[What this task involves]
Every record below must be returned exactly as it was received.

(Saved entries)

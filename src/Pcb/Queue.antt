-- ===== src/Pcb/Queue.antt =====
-- The process queues of phase3/pcb.c as FIFO lists.
use pandos.Prelude.{
  ◌≡◌, refl, ◌≢◌, List, [], ◌∷◌, ◌++◌, arith, ◌∈◌, ◌∉◌, has-append, Distinct-snoc, mem_snoc,
  ne_of_mem,
}
use pandos.Types.{Ptr, null}
use pandos.Run.{Returns, returns}
use pandos.Pcb.{Store, upd, insert_proc_q}
use pandos.Pcb.Access.{ne_test, read-ok, at-ok, upd-ne}
use pandos.Pcb.Ring.{
  next, IsProcQ, none_queued, ring, next-mem_snoc, LinksBehind, LinksBehind-Chain,
}

-- `g` differs from `h` at most in the queue links of the pcbs `xs`.
pub record Requeues (xs : List Ptr) (h g : Store) : Type 0 where
  pub nexts : (b : Ptr) → b ∉ xs → g.p_next b ≡ h.p_next b
  pub prevs : (b : Ptr) → b ∉ xs → g.p_prev b ≡ h.p_prev b
  pub rest : g ≡ record h { p_next = g.p_next; p_prev = g.p_prev }

-- `insertProcQ` puts a pcb that is not NULL and not in the queue at the end of it, and returns it
-- as the tail. It writes only the links of the pcbs in the queue and of the new one.
pub insert_proc_q-append :
    {h : Store} {tp : Ptr} {xs : List Ptr} (p : Ptr)
    → IsProcQ h tp xs
    → p ≢ null
    → p ∉ xs
    → Returns
        (λ t g. (t ≡ p) × IsProcQ g t (xs ++ (p ∷ [])) × Requeues (p ∷ xs) h g)
        (insert_proc_q tp p h)
unfolding insert_proc_q upd
insert_proc_q-append {h} p none_queued np out =
    rw (ne_test np, at-ok np, at-ok np)
      (returns (
        refl,
        ring [] refl (ground arith) (ground arith) (ground arith),
        record { nexts = λ b o. ground arith; prevs = λ b o. ground arith; rest = refl },
      ))
insert_proc_q-append {h} {xs} p (ring {t} ys e d nn c) np out =
    let o : p ∉ (ys ++ (t ∷ [])) = rw (← e) out in
    let tm : t ∈ xs = rw e (mem_snoc ys t) in
    let fm : next h t ∈ xs = rw e (next-mem_snoc h t ys t c) in
    let nt : t ≢ null = ne_of_mem xs tm nn in
    let tp : t ≢ p = ne_of_mem xs tm out in
    let nf : next h t ≢ null = ne_of_mem xs fm nn in
    let g : Store = record h {
      p_next = upd (upd h.p_next p (next h t)) t p;
      p_prev = upd (upd h.p_prev p t) (next h t) p;
    } in
    let w : LinksBehind t p h g = record { nexts = λ b. ground arith; prevs = λ b. ground arith } in
    rw
      (
        ne_test np,
        ne_test nt,
        read-ok nt,
        at-ok np,
        at-ok np,
        read-ok nt,
        upd-ne _ _ tp,
        at-ok nf,
        at-ok nt,
      )
      (returns {s = g} (
        refl,
        ring xs refl (Distinct-snoc xs p d out) (ground (arith, has-append null xs (p ∷ [])))
            (rw e (LinksBehind-Chain h g t p ys w (rw (← e) d) o c)),
        record { nexts = λ b k. ground arith; prevs = λ b k. ground arith; rest = refl },
      ))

[Response]
filename src/Pcb/Queue.antt
-- ===== src/Pcb/Queue.antt =====
-- The process queues of phase3/pcb.c as FIFO lists.
use pandos.Prelude.{
  ◌≡◌, refl, ◌≢◌, List, [], ◌∷◌, ◌++◌, arith, ◌∈◌, ◌∉◌, has-append, Distinct-snoc, mem_snoc,
  ne_of_mem,
}
use pandos.Types.{Ptr, null}
use pandos.Run.{Returns, returns}
use pandos.Pcb.{Store, upd, insert_proc_q}
use pandos.Pcb.Access.{ne_test, read-ok, at-ok, upd-ne}
use pandos.Pcb.Ring.{
  next, IsProcQ, none_queued, ring, next-mem_snoc, LinksBehind, LinksBehind-Chain,
}

-- `g` differs from `h` at most in the queue links of the pcbs `xs`.
pub record Requeues (xs : List Ptr) (h g : Store) : Type 0 where
  pub nexts : (b : Ptr) → b ∉ xs → g.p_next b ≡ h.p_next b
  pub prevs : (b : Ptr) → b ∉ xs → g.p_prev b ≡ h.p_prev b
  pub rest : g ≡ record h { p_next = g.p_next; p_prev = g.p_prev }

-- `insertProcQ` puts a pcb that is not NULL and not in the queue at the end of it, and returns it
-- as the tail. It writes only the links of the pcbs in the queue and of the new one.
pub insert_proc_q-append :
    {h : Store} {tp : Ptr} {xs : List Ptr} (p : Ptr)
    → IsProcQ h tp xs
    → p ≢ null
    → p ∉ xs
    → Returns
        (λ t g. (t ≡ p) × IsProcQ g t (xs ++ (p ∷ [])) × Requeues (p ∷ xs) h g)
        (insert_proc_q tp p h)
unfolding insert_proc_q upd
insert_proc_q-append {h} p none_queued np out =
    rw (ne_test np, at-ok np, at-ok np)
      (returns (
        refl,
        ring [] refl (ground arith) (ground arith) (ground arith),
        record { nexts = λ b o. ground arith; prevs = λ b o. ground arith; rest = refl },
      ))
insert_proc_q-append {h} {xs} p (ring {t} ys e d nn c) np out =
    let o : p ∉ (ys ++ (t ∷ [])) = rw (← e) out in
    let tm : t ∈ xs = rw e (mem_snoc ys t) in
    let fm : next h t ∈ xs = rw e (next-mem_snoc h t ys t c) in
    let nt : t ≢ null = ne_of_mem xs tm nn in
    let tp : t ≢ p = ne_of_mem xs tm out in
    let nf : next h t ≢ null = ne_of_mem xs fm nn in
    let g : Store = record h {
      p_next = upd (upd h.p_next p (next h t)) t p;
      p_prev = upd (upd h.p_prev p t) (next h t) p;
    } in
    let w : LinksBehind t p h g = record { nexts = λ b. ground arith; prevs = λ b. ground arith } in
    rw
      (
        ne_test np,
        ne_test nt,
        read-ok nt,
        at-ok np,
        at-ok np,
        read-ok nt,
        upd-ne _ _ tp,
        at-ok nf,
        at-ok nt,
      )
      (returns {s = g} (
        refl,
        ring xs refl (Distinct-snoc xs p d out) (ground (arith, has-append null xs (p ∷ [])))
            (rw e (LinksBehind-Chain h g t p ys w (rw (← e) d) o c)),
        record { nexts = λ b k. ground arith; prevs = λ b k. ground arith; rest = refl },
      ))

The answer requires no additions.